Манеры киношниц я не любил и отчасти переносил эту нелюбовь на самих киношниц. Разговор, как ни изворачивайся, идет рядом с чувством, как правая нога с левой, – однако киношница не вполне способна отличить, что у нее свое и что с экрана, от которого она только-только оторвала ненасыщаемые очи. И потому тонкие характерные паузки в начале разговора и бурные слезы под занавес тебе лучше всего не принимать близко, таков опыт. Тем более что эти малые истерики вовсе их, киношниц, не угнетают, наоборот. Они их очищают. Они их просветляют. Они – часть их жизни.
– Так я приеду. Слышишь?! Слышишь? Соберусь и приеду, – говоришь ты, тронутый (а точнее сказать – ошарашенный) ее слезами.
– Не обязательно, – отвечают тебе. – Это я так. Нервы.
Она отвечает и слышит в эту минуту самое себя, как некоторые мистики слышат бога. Фразы ее после маленькой истерики сочны, упруги, свежи – слова блестят, как блестят листья после дождя.
Летом мы отбыли в деревню.
Мои старики выглядели неплохо, даже лучше, чем я ожидал, – последний, видимо, всплеск жизни. Им было уже под семьдесят, самые те годы. Дом состарился и заметно врос в землю. И яблони раскорячились – тоже старость. Но белый налив был все так же хорош и нежен. И мать все так же стеснялась возить его на продажу. То есть она преотличненько возила, и продавала, и торговалась, и всякое такое, но, если Машка, я и жена приезжали, стеснялась. Ей не давало покоя, что она школьная библиотекарша.
– Какая ты теперь библиотекарша? – сказал я. – Теперь ты пенсионерка.
– Была ж ей.
– Что?
– Была ж библиотекарша как-никак. – И она строго поджала губы. Библиотека в школе и торговля на базаре для нее в эту минуту были несовместимы.

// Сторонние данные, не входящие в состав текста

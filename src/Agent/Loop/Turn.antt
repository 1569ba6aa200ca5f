-- ===== src/Agent/Loop/Turn.antt =====
-- One round of `AgentRuntime.run`.
pub mod Answer
pub mod ToolCalls
use ai_platform_mini.Prelude.{
  ℕ, suc, ◌+◌, Bool, true, false, not, ◌&&◌, Option, none, some, List, [], ◌∷◌, ◌++◌, length, all,
  Text, leb, ltb, if◌then◌else◌, str_eq, is_some,
}
use ai_platform_mini.Agent.Models.{
  RunStatus, StopReason, EventKind, AgentState, AgentStep, AgentDecision, ToolResult, ℤ, add_int,
}
use ai_platform_mini.Agent.Events.{Run, bare, append_event, finish}
use ai_platform_mini.Agent.Checks.{check_stop, validate_decision, await_controlled, is_empty}
use ai_platform_mini.Agent.Loop.Setting.{
  World, Options, effective_deadline, finished, Flow, go, halt, ◌>>=◌, stop_run, unless_stopped,
  value_or_end,
}
use ai_platform_mini.Agent.Loop.Turn.Answer.{answer_turn, add_step, close_step}
use ai_platform_mini.Agent.Loop.Turn.ToolCalls.{Calls, run_calls}

-- The usage of a decision that has been validated: a negative count was refused before.
abbrev pub add_usage : ℕ → Option ℤ → ℕ
add_usage u none = u
add_usage u (some (ℤ.pos n)) = u + n
add_usage u (some (ℤ.negsuc n)) = u

-- The `cumulative_token_usage` of the MODEL_DECISION event
abbrev pub cumulative : ℕ → Option ℤ → ℤ
cumulative u none = ℤ.pos u
cumulative u (some z) = add_int u z

abbrev pub over_budget : Option ℕ → ℕ → Bool
over_budget none u = false
over_budget (some b) u = ltb b u

abbrev pub spent_budget : Option ℕ → ℕ → Bool
spent_budget none u = false
spent_budget (some b) u = ltb 0 b && leb b u

module _ (w : World) (o : Options) where
  -- From the head of the round to the model's reply.
  unfoldable pub head : ℕ → Run → Flow Run
  head step r =
      unless_stopped w.clock r
        (check_stop (effective_deadline w o) (w.cancel_set step 0) (w.loop_time step 0))
        (if spent_budget o.token_budget r.state.token_usage
          then halt (stop_run w.clock r RunStatus.stopped StopReason.token_budget_exceeded none)
          else go (
              append_event w.clock r
                (record (bare EventKind.step_started) { step_index = some step })))

  -- The reply in the log.
  unfoldable pub log_decision : ℕ → AgentDecision → Run → Run
  log_decision step d r = append_event w.clock r (record (bare EventKind.model_decision) {
    step_index = some step;
    decision = some d;
    cumulative_token_usage = some (cumulative r.state.token_usage d.token_usage);
  })

  -- `if invalid_reason is not None: return self._finish(...)`
  abbrev pub unless_invalid : Run → Option Text → Flow Run → Flow Run
  unless_invalid r (some fault) m =
      halt (stop_run w.clock r RunStatus.failed StopReason.invalid_decision (some fault))
  unless_invalid r none m = m

  abbrev pub use_tokens : AgentDecision → Run → Run
  use_tokens d r = record r {
    state = record r.state { token_usage = add_usage r.state.token_usage d.token_usage };
  }

  unfoldable pub within_budget : ℕ → AgentDecision → Run → Flow Run
  within_budget step d r =
      if over_budget o.token_budget r.state.token_usage
      then halt (
          stop_run w.clock (close_step w step d [] r) RunStatus.stopped
            StopReason.token_budget_exceeded none)
      else go r

  -- The validation of the reply, and its usage.
  unfoldable pub accept : ℕ → AgentDecision → Run → Flow Run
  unfolding log_decision within_budget
  accept step d r =
      let logged = log_decision step d r in
      unless_invalid logged (validate_decision d) (within_budget step d (use_tokens d logged))

  -- A repeated calculation answers the run, if all calls of the round are calculations.
  abbrev pub unless_reused : Run → Bool → Option ToolResult → Flow Run
  unless_reused r all_calculate none = go r
  unless_reused r all_calculate (some result) =
      if all_calculate && result.succeeded
      then halt (
          finished (
            finish w.clock r RunStatus.completed StopReason.direct_answer (some result.content)
              none))
      else go r

  -- The end of a round of tool calls.
  unfoldable pub close_calls : ℕ → AgentDecision → Calls → Flow Run
  close_calls step d c =
      let r = close_step w step d c.results c.run in
      unless_reused r (all (λ call. str_eq call.name "calculator") d.tool_calls) c.reused

  -- `token_budget is not None and decision.tool_calls and not decision.usage_complete`
  abbrev pub uncounted : AgentDecision → Bool
  uncounted d = is_some o.token_budget && not (is_empty d.tool_calls) && not d.usage_complete

  unfoldable pub tool_turn : ℕ → AgentDecision → Run → Flow Run
  unfolding close_calls
  tool_turn step d r =
      if uncounted d
      then halt (
          stop_run w.clock (add_step step d [] r) RunStatus.stopped StopReason.token_budget_exceeded
            none)
      else run_calls w o step 0 d.tool_calls (record { run = r; results = []; reused = none })
        >>= close_calls step d

  abbrev pub answer_or : (Text → Flow Run) → Flow Run → Option Text → Flow Run
  answer_or f m (some answer) = f answer
  answer_or f m none = m

  unfoldable pub act : ℕ → AgentDecision → Run → Flow Run
  unfolding tool_turn
  act step d r =
      answer_or (λ answer. halt (answer_turn w o step d answer r)) (tool_turn step d r) d.answer

  unfoldable pub turn : Run → Flow Run
  unfolding head accept act
  turn r =
      let step = length r.state.steps + 1 in
      head step r >>= λ r1. value_or_end w.clock r1 (await_controlled (w.decide r1.state)) >>= λ d.
      accept step d r1 >>= act step d
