-- ===== src/Agent/Loop.antt =====
-- `AgentRuntime.run`: its parameters, what the world answers, and the loop. The ValueErrors for a
-- negative timeout and a negative token budget, which are natural numbers here, are left out.
pub mod Setting
pub mod Turn
use ai_platform_mini.Prelude.{
  is_blank, ℕ, zero, suc, Bool, true, false, Option, none, some, List, [], ◌∷◌, Text, leb,
  if◌then◌else◌, String,
}
use ai_platform_mini.Prelude.Results.{Result, ok, raised, value_error}
use ai_platform_mini.Agent.Models.{
  RunStatus, StopReason, EventKind, Role, AgentState, AgentRunResult,
}
use ai_platform_mini.Agent.Events.{Run, bare, append_event, finish}
use ai_platform_mini.Agent.Tools.{last_calculator_result}
use ai_platform_mini.Agent.Loop.Setting.{World, Options, Ended, finished, Flow, go, halt, ◌>>=◌}
use ai_platform_mini.Agent.Loop.Turn.{turn}

module _ (w : World) (o : Options) where
  abbrev pub out_of_steps : Run → Option Text → Ended
  out_of_steps r (some answer) =
      finished (finish w.clock r RunStatus.completed StopReason.direct_answer (some answer) none)
  out_of_steps r none = finished (finish w.clock r RunStatus.stopped StopReason.max_steps none none)

  -- What follows the last round.
  unfoldable pub after_rounds : Run → Ended
  after_rounds r = out_of_steps r (last_calculator_result r.state.steps)

  abbrev pub resume : (Run → Ended) → Flow Run → Ended
  resume f (go r) = f r
  resume f (halt e) = e

  -- `for _ in range(max_steps)`
  unfoldable pub rounds : ℕ → Run → Ended
  unfolding after_rounds
  rounds zero r = after_rounds r
  rounds (suc n) r = resume (rounds n) (turn w o r)

  abbrev pub started : String → Text → Option String → Run
  started run_id user_input request_id =
      append_event w.clock
        (record {
          state = record {
            run_id = run_id;
            user_input = user_input;
            messages =
                record {
                  role = Role.user;
                  content = user_input;
                  tool_call_id = none;
                  tool_name = none;
                }
                ∷ [];
            steps = [];
            token_usage = 0;
            request_id = request_id;
          };
          events = [];
        })
        (record (bare EventKind.run_started) { message = some user_input })

  unfoldable pub run : String → Text → Option String → Result Ended
  unfolding rounds
  run run_id user_input request_id =
      if is_blank user_input
      then raised value_error
      else if leb o.max_steps 0
      then raised value_error
      else ok (rounds o.max_steps (started run_id user_input request_id))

Старая закваска. Ни убедить, ни объяснить. Белый налив так и погнил вполовину. А базар, как выяснилось, был теперь всего в двух километрах – на пыльном перекрестке. То есть и везти далеко не надо. Я бы сам отнес яблоки. Я бы постоял у прилавка. Я бы продал. Она едва не упала в обморок, когда я предложил погрузить белый налив мне на спину и двинуться с ней вместе к перекрестку.
Отец стал совсем старичком – рот запал, шепелявил отец с каким-то присвистом.
– Я теперь как Соловей-разбойник, – засмеялся он и присвистнул раза два, чтоб я отметил и оценил.
Когда выпили, отец завел речь о том, что он неплохо и с пользой для людей пожил. И ведь немало пожил, пора и честь знать. Потом он долго кашлял. Потом сказал:
– Сейчас я выпивши, – извинительная интонация, – а когда протрезвею, я тебе о дочке что-то скажу.
– О Машке?
– О ней.
– Скажи сейчас.
– Нет. Я тебе после скажу… Оно не так скажется – а ты обидишься.
Но конечно же он сказал. Потому что чем сильнее уходишь от разговора, тем отчетливее разговор остается с тобой и с твоим собеседником – и деться вам обоим уже некуда. Но сначала мы с отцом спустились к реке: смотреть пуск и первые труды парома. Я любил смотреть. Я даже заспешил: хотелось увидеть. Я поторапливал отца и спросил, куда же денется теперь перевозчик, то есть лодочник. Отец вдруг сурово брякнул, что в деревне с голоду не помирают. И что перевозчик будет держать перевоз в Демьяновке. Десятью километрами выше. Не пропадет.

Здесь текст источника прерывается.